Gather all lines in the data that hold the string "Tests".

Saved entries:
*** Begin section ***
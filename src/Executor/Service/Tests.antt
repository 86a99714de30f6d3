-- ===== src/Executor/Service/Tests.antt =====
-- Tests and witnesses of the executor's service.
use inryeok_bot.Prelude.{
  ℕ, ◌+◌, ◌≤◌, String, false, none, some, List, [], ◌∷◌, ◌≡◌, refl, if◌then◌else◌, ◌==◌,
}
use inryeok_bot.Executor.{Request, in_progress, invalid_snapshot}
use inryeok_bot.Executor.Run.{produced, unsafe_archive, run_review}
use inryeok_bot.Executor.Records.{
  readable, written, write_execution_record, recorded_answer, dedupe, read_file,
}
use inryeok_bot.Executor.Service.{
  Execution, Service, empty_service, Setting, running_record, start, try_start, after_dedupe,
  after_snapshot, answer_record, write_answer, settle, request_fingerprint, review, Event, arrives,
  ends, restarts, end_execution, step, launches,
}
use inryeok_bot.Executor.Service.Traces.{run, launch_count, loss_count}
use inryeok_bot.Executor.Service.Guards.{Started, review-Started}
use inryeok_bot.Executor.Service.Once.{launched_at_most_once}
use inryeok_bot.Executor.Service.Replay.{answer_replayed}

-- A digest that keeps the prompt.
a_digest : List String → String
a_digest (schema ∷ archive ∷ mark ∷ prompt ∷ rest) = prompt
a_digest _ = ""

a_decimal : ℕ → String
a_decimal n = if n == 900 then "900" else "n"

abbrev a_request : Request
a_request = record {
  archive = "YXJjaGl2ZQ==";
  prompt = "review";
  model = some "gpt";
  reasoning_effort = some "medium";
  model_catalog_version = some "1";
  model_verification_id = some "verified-1";
  verification_mode = false;
  timeout = some 900;
  execution_id = "execution-000001";
}

abbrev a_setting : Setting
a_setting = record { now = 100; reading = readable; schema = some "schema"; write = written }

abbrev an_execution : Execution
an_execution = record { execution_id = "execution-000001"; request_fingerprint = "review" }

abbrev busy : Service
busy = record { files = []; seen = "execution-000001" ∷ []; holder = some an_execution }

abbrev some_events : List (Event a_digest a_decimal)
some_events =
    arrives a_setting a_request
    ∷ arrives a_setting a_request
    ∷ ends written 120 "c" (produced "{}" (some 1))
    ∷ restarts
    ∷ arrives a_setting a_request
    ∷ []

launched_at_most_once_example :
    launch_count a_digest a_decimal "execution-000001" some_events empty_service
    ≤ 1 + loss_count a_digest a_decimal "execution-000001" some_events empty_service
launched_at_most_once_example =
    launched_at_most_once a_digest a_decimal "execution-000001" some_events

launched_once : launch_count a_digest a_decimal "execution-000001" some_events empty_service ≡ 1
unfolding launches step review after_snapshot after_dedupe try_start start end_execution settle
    write_answer answer_record run_review write_execution_record read_file dedupe recorded_answer
    invalid_snapshot running_record a_digest
launched_once = refl

review-Started_example :
    (invalid_snapshot a_request ≡ none)
    × Started a_setting "execution-000001" "review" empty_service
        (review a_digest a_decimal a_setting a_request empty_service).0
unfolding review after_snapshot after_dedupe try_start start invalid_snapshot dedupe read_file
    a_digest request_fingerprint
review-Started_example = review-Started a_digest a_decimal a_setting a_request empty_service refl

answer_replayed_example :
    let later =
      run a_digest a_decimal
        (restarts ∷ [])
        (settle written 120 "c" (produced "{}" (some 1)) an_execution busy).0 in
    review a_digest a_decimal a_setting a_request later
    ≡ (later, some (run_review "c" (produced "{}" (some 1))).0)
unfolding step settle write_answer answer_record run_review write_execution_record
    request_fingerprint a_digest invalid_snapshot
answer_replayed_example =
    answer_replayed a_digest a_decimal written 120 "c" (produced "{}" (some 1)) an_execution busy
      (restarts ∷ []) a_setting a_request tt (λ q. cc) refl refl refl refl refl refl refl

-- An archive that is not safe leaves the record of a running execution behind.
unsafe_archive_stays :
    let events =
      arrives a_setting a_request ∷ ends written 120 "c" unsafe_archive ∷ restarts ∷ [] in
    (review a_digest a_decimal a_setting a_request (run a_digest a_decimal events empty_service)).1
    ≡ some in_progress
unfolding launches step review after_snapshot after_dedupe try_start start end_execution settle
    write_answer answer_record run_review write_execution_record read_file dedupe recorded_answer
    invalid_snapshot running_record a_digest
unsafe_archive_stays = refl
*** End section ***
## Task response
filename src/Executor/Service/Tests.antt
-- ===== src/Executor/Service/Tests.antt =====
-- Tests and witnesses of the executor's service.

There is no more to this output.